Students' incomes appear to have had major impacts on whether they continued at community colleges or left completely during the COVID-19 pandemic, according to a new analysis from the Community College Research Center at Teachers College of Columbia University. The analysis, published in a blog post, used U.S. Census Bureau data that has been collected every two weeks since the summer from 100,000 random addresses.
Inside Higer Ed, Dec. 10, 2020

Federal guidance on foreign students remains same for spring

Federal guidance for enrolling international students in programs operating in hybrid or online modes due to the pandemic remains the same for the spring term, a spokeswoman for the Department of Homeland Security’s Student and Exchange Visitor Program said Tuesday. "Nonimmigrant students should continue to abide by SEVP guidance originally issued in March 2020," said the spokeswoman, Carissa Cutrell.
Inside Higher Ed, Dec. 9, 2020

11th-hour policy and politics

The United States Department of Education is implementing a first-of-its-kind “hotline” at the agency for students and faculty members to file complaints of censorship on campus, federal officials announced Tuesday. But free speech advocates and higher education representatives are doubtful this move will have any impact on colleges as a new administration is poised to take over the agency, replace political appointees and other department heads, and possibly move the agency in another direction or dismantle the hotline. 
Inside Higher Ed, Dec. 9, 2020

Report: $1 billion needed to improve Hispanic institutions

Hispanic-serving institutions received only $87 in federal funding per Latinx student in 2019, compared to $1,642 historically Black colleges and universities received for each of their students, according to a Center for American Progress study. And it would take an additional $1 billion in funding just to bring HSIs' funding level up to half that of HBCUs.
Inside Higher Ed, Dec. 9, 2020

Politics | Local, State, National

Gov. Inslee extends Washington’s COVID-19 restrictions on gatherings, restaurants, gyms

Washington’s latest round of sweeping COVID-19 restrictions will stay in place through the holiday season and into the new year. Speaking at a news conference Tuesday, Gov.
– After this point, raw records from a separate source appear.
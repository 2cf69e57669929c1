-- ===== src/Routing/Trie/Order.antt =====
-- The order of parameter keys, and the parameter children of a node: at most one of each type, the
-- higher priority first. In such a row the ordered search of the flat_map finds what a plain search
-- by equality finds.
use ecommerce_platform.Prelude.{
  ℕ, ◌≤◌, ◌<◌, ◌≡◌, refl, ap, ◌↔◌, Bool, true, false, ◌&&◌, [], ◌∷◌, Option, none, some, arith, ltb,
  if◌then◌else◌, Eq, Text, text_eq, text_eq_iff,
}
use ecommerce_platform.Routing.ParamType.{
  TypePointer, string_type, float_type, int_type, descriptor, rank, same_type,
}
use ecommerce_platform.Routing.Segments.{ParamKey}
use ecommerce_platform.Routing.Trie.{
  TrieNode, ParamChildren, no_param, param, text_lt, key_lt, find_param, put_param, insert_param,
  find_same_type,
}

abbrev pub priority : TypePointer → ℕ
priority t = rank (descriptor t).priority

pub same_type_iff : (s t : TypePointer) → (same_type s t ≡ true) ↔ (s ≡ t)
unfolding same_type
same_type_iff string_type t = ground arith
same_type_iff s t = ground arith

unfoldable pub key_eq : ParamKey → ParamKey → Bool
unfolding same_type text_eq
key_eq a b = same_type a.type b.type && text_eq a.name b.name

pub key_eq_iff : (a b : ParamKey) → (key_eq a b ≡ true) ↔ (a ≡ b)
unfolding key_eq
key_eq_iff a b = ground (arith, same_type_iff a.type b.type, text_eq_iff a.name b.name)

instance abbrev pub ParamKey-eq : Eq ParamKey
ParamKey-eq = record { beq = key_eq; beq_iff = key_eq_iff }

text_lt_irrefl : (s : Text) → text_lt s s ≡ false
unfolding text_lt
text_lt_irrefl [] = refl
text_lt_irrefl (c ∷ s) = ground (arith, text_lt_irrefl s)

text_lt_total : (s t : Text) → text_lt s t ≡ false → text_lt t s ≡ false → s ≡ t
unfolding text_lt
text_lt_total [] [] h k = refl
text_lt_total [] (d ∷ t) h k = cc
text_lt_total (c ∷ s) [] h k = cc
text_lt_total (c ∷ s) (d ∷ t) h k = ground (arith, text_lt_total s t)

-- Keys of different types compare by priority, those of one type by name, the greater first.
type_lt :
    (n m : Text) (s t : TypePointer)
    → key_lt (record { name = n; type = s }) (record { name = m; type = t })
      ≡ (if same_type s t then text_lt m n else ltb (priority t) (priority s))
unfolding key_lt same_type text_lt text_eq
type_lt n m string_type string_type = refl
type_lt n m string_type float_type = refl
type_lt n m string_type int_type = refl
type_lt n m float_type string_type = refl
type_lt n m float_type float_type = refl
type_lt n m float_type int_type = refl
type_lt n m int_type string_type = refl
type_lt n m int_type float_type = refl
type_lt n m int_type int_type = refl

key_lt-eq :
    (a b : ParamKey)
    → key_lt a b ≡ (
        if same_type a.type b.type
        then text_lt b.name a.name
        else ltb (priority b.type) (priority a.type))
key_lt-eq a b = type_lt a.name b.name a.type b.type

priority_injective : (s t : TypePointer) → priority s ≡ priority t → s ≡ t
priority_injective string_type t h = ground arith
priority_injective s t h = ground arith

key_lt_irrefl : (a : ParamKey) → key_lt a a ≡ false
key_lt_irrefl a = ground (arith, key_lt-eq a a, same_type_iff a.type a.type, text_lt_irrefl a.name)

key_lt-priority : (a b : ParamKey) → key_lt a b ≡ true → priority b.type ≤ priority a.type
key_lt-priority a b h =
    ground
      (arith, key_lt-eq a b, same_type_iff a.type b.type, ap priority {x = a.type} {y = b.type})

key_lt_total : (a b : ParamKey) → key_lt a b ≡ false → key_lt b a ≡ false → a ≡ b
key_lt_total a b h k = ground (
  arith,
  key_lt-eq a b,
  key_lt-eq b a,
  same_type_iff a.type b.type,
  same_type_iff b.type a.type,
  text_lt_total a.name b.name,
  priority_injective a.type b.type,
)

module _ {H : Type 0} where
  -- The search by equality.
  unfoldable pub search_param : ParamKey → ParamChildren H → Option (TrieNode H)
  search_param key no_param = none
  search_param key (param k child rest) = if key_eq k key then some child else search_param key rest

  -- Every priority lies below the bound, and they fall along the row; so no type stands twice.
  abbrev pub IsDescending : ℕ → ParamChildren H → Type 0
  IsDescending bound no_param = Unit
  IsDescending bound (param k child rest) =
      (priority k.type < bound) × IsDescending (priority k.type) rest

  pub search_param_below :
      (key : ParamKey) (bound : ℕ) (ps : ParamChildren H)
      → IsDescending bound ps
      → bound ≤ priority key.type
      → search_param key ps ≡ none
  unfolding search_param
  search_param_below key bound no_param d h = refl
  search_param_below key bound (param k child rest) d h = ground (
    arith,
    key_eq_iff k key,
    ap (λ (j : ParamKey). priority j.type) {x = k} {y = key},
    search_param_below key (priority k.type) rest d.1,
  )

  pub find_param-search_param :
      (key : ParamKey) (bound : ℕ) (ps : ParamChildren H)
      → IsDescending bound ps
      → find_param key ps ≡ search_param key ps
  unfolding find_param search_param
  find_param-search_param key bound no_param d = refl
  find_param-search_param key bound (param k child rest) d = ground (
    arith,
    key_eq_iff k key,
    key_lt_irrefl key,
    key_lt_total k key,
    key_lt-priority key k,
    find_param-search_param key (priority k.type) rest d.1,
    search_param_below key (priority k.type) rest d.1,
  )

  pub search_param-put_param :
      (key j : ParamKey) (bound : ℕ) (child old : TrieNode H) (ps : ParamChildren H)
      → IsDescending bound ps
      → search_param key ps ≡ some old
      → search_param j (put_param key child ps)
        ≡ (if key_eq key j then some child else search_param j ps)
  unfolding search_param put_param
  search_param-put_param key j bound child old no_param d h = cc
  search_param-put_param key j bound child old (param k c rest) d h = ground (
    arith,
    key_eq_iff k key,
    key_eq_iff k j,
    key_eq_iff key j,
    key_lt_irrefl key,
    key_lt_total k key,
    key_lt-priority key k,
    search_param_below key (priority k.type) rest d.1,
    search_param-put_param key j (priority k.type) child old rest d.1,
  )

  pub search_param-insert_param :
      (key j : ParamKey) (child : TrieNode H) (ps : ParamChildren H)
      → find_same_type key.type ps ≡ none
      → search_param j (insert_param key child ps)
        ≡ (if key_eq key j then some child else search_param j ps)
  unfolding search_param insert_param find_same_type
  search_param-insert_param key j child no_param h = refl
  search_param-insert_param key j child (param k c rest) h = ground (
    arith,
    key_eq_iff k j,
    key_eq_iff key j,
    same_type_iff k.type key.type,
    search_param-insert_param key j child rest,
  )

  pub search_param_fresh :
      (key : ParamKey) (ps : ParamChildren H)
      → find_same_type key.type ps ≡ none
      → search_param key ps ≡ none
  unfolding search_param find_same_type
  search_param_fresh key no_param h = refl
  search_param_fresh key (param k c rest) h =
      ground (arith, key_eq_iff k key, same_type_iff k.type key.type, search_param_fresh key rest)

  pub put_param-IsDescending :
      (key : ParamKey) (bound : ℕ) (child : TrieNode H) (ps : ParamChildren H)
      → IsDescending bound ps
      → IsDescending bound (put_param key child ps)
  unfolding put_param
  put_param-IsDescending key bound child no_param d = tt
  put_param-IsDescending key bound child (param k c rest) d =
      ground (arith, put_param-IsDescending key (priority k.type) child rest d.1)

  pub insert_param-IsDescending :
      (key : ParamKey) (bound : ℕ) (child : TrieNode H) (ps : ParamChildren H)
      → IsDescending bound ps
      → priority key.type < bound
      → find_same_type key.type ps ≡ none
      → IsDescending bound (insert_param key child ps)
  unfolding insert_param find_same_type
  insert_param-IsDescending key bound child no_param d b h = (b, tt)
  insert_param-IsDescending key bound child (param k c rest) d b h = ground (
    arith,
    same_type_iff k.type key.type,
    priority_injective k.type key.type,
    key_lt-priority k key,
    key_lt_total k key,
    key_lt-eq k key,
    insert_param-IsDescending key (priority k.type) child rest d.1,
  )
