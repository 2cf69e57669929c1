-- ===== src/Routing/Trie/Table.antt =====
-- The trie as a table: which handler stands under a route pattern and a method, how a pattern is
-- read from a path, and the well-formedness of a trie.
use ecommerce_platform.Prelude.{
  ◌≡◌, ◌↔◌, Bool, true, false, List, [], ◌∷◌, Option, none, some, arith, lookup, Eq, Text, Text-eq,
  text_eq, text_eq_iff,
}
use ecommerce_platform.Http.Error.{Outcome, returns, ◌>>=◌}
use ecommerce_platform.Http.Verb.{Verb, Verb-eq}
use ecommerce_platform.Routing.Segments.{
  ParamKey, ParsedSegment, literal, capture, parse_param_segment,
}
use ecommerce_platform.Routing.Trie.{
  TrieNode, node, StaticChildren, no_static, static, ParamChildren, no_param, param, find_static,
}
use ecommerce_platform.Routing.Trie.Order.{key_eq, key_eq_iff, search_param, IsDescending}

-- One step of a route: a fixed text, or a parameter.
pub data RouteStep : Type 0 where
  fixed : Text → RouteStep
  taken : ParamKey → RouteStep

unfoldable pub step_eq : RouteStep → RouteStep → Bool
step_eq (fixed s) (fixed t) = text_eq s t
step_eq (taken k) (taken j) = key_eq k j
step_eq _ _ = false

pub step_eq_iff : (x y : RouteStep) → (step_eq x y ≡ true) ↔ (x ≡ y)
unfolding step_eq
step_eq_iff (fixed s) (fixed t) = ground (arith, text_eq_iff s t)
step_eq_iff (fixed s) (taken j) = ground arith
step_eq_iff (taken k) (fixed t) = ground arith
step_eq_iff (taken k) (taken j) = ground (arith, key_eq_iff k j)

instance abbrev pub RouteStep-eq : Eq RouteStep
RouteStep-eq = record { beq = step_eq; beq_iff = step_eq_iff }

abbrev pub Pattern : Type 0
Pattern = List RouteStep

abbrev pub step_of : Text → ParsedSegment → RouteStep
step_of segment literal = fixed segment
step_of segment (capture key) = taken key

-- The pattern that the segments of a registered path spell, or the exception of the first segment
-- that names an unknown type.
unfoldable pub compile : List Text → Outcome Pattern
compile [] = returns []
compile (segment ∷ segments) = do
  parsed ← parse_param_segment segment
  steps ← compile segments
  returns (step_of segment parsed ∷ steps)

module _ {H : Type 0} where
  unfoldable pub handler_at : Pattern → Verb → TrieNode H → Option H
  handler_at [] method (node ss ps hs) = lookup method hs
  handler_at (fixed s ∷ steps) method (node ss ps hs) = elim (find_static s ss) [
    | none ↦ none
    | some child ↦ handler_at steps method child
  ]
  handler_at (taken key ∷ steps) method (node ss ps hs) = elim (search_param key ps) [
    | none ↦ none
    | some child ↦ handler_at steps method child
  ]

  -- The same from a child that may be missing.
  abbrev pub at_child : Pattern → Verb → Option (TrieNode H) → Option H
  at_child steps method none = none
  at_child steps method (some child) = handler_at steps method child

abbrev mutual
  -- A static child's key stands once in its row, parameter children fall in priority, so that no
  -- type stands twice, and the same holds in all nodes below.
  pub IsWellFormed : {H : Type 0} → TrieNode H → Type 0
  IsWellFormed (node ss ps hs) = AreStatic ss × IsDescending 5 ps × AreParams ps

  pub AreStatic : {H : Type 0} → StaticChildren H → Type 0
  AreStatic no_static = Unit
  AreStatic (static s child rest) =
      (find_static s rest ≡ none) × IsWellFormed child × AreStatic rest

  pub AreParams : {H : Type 0} → ParamChildren H → Type 0
  AreParams no_param = Unit
  AreParams (param k child rest) = IsWellFormed child × AreParams rest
Jay Inslee announced a three-week extension of the wide-ranging limits he ordered Nov. 15 — which include shutting down indoor dining and gyms and limiting social gatherings — through Jan. 4.
The Seattle Times, Dec. 8, 2020

Congress close on simplifying FAFSA

Congressional education leaders are hopeful about reaching a deal in the coming days to simplify applying for student aid, a major priority for Lamar Alexander, the chairman of the Senate education committee, who is retiring shortly after the new year.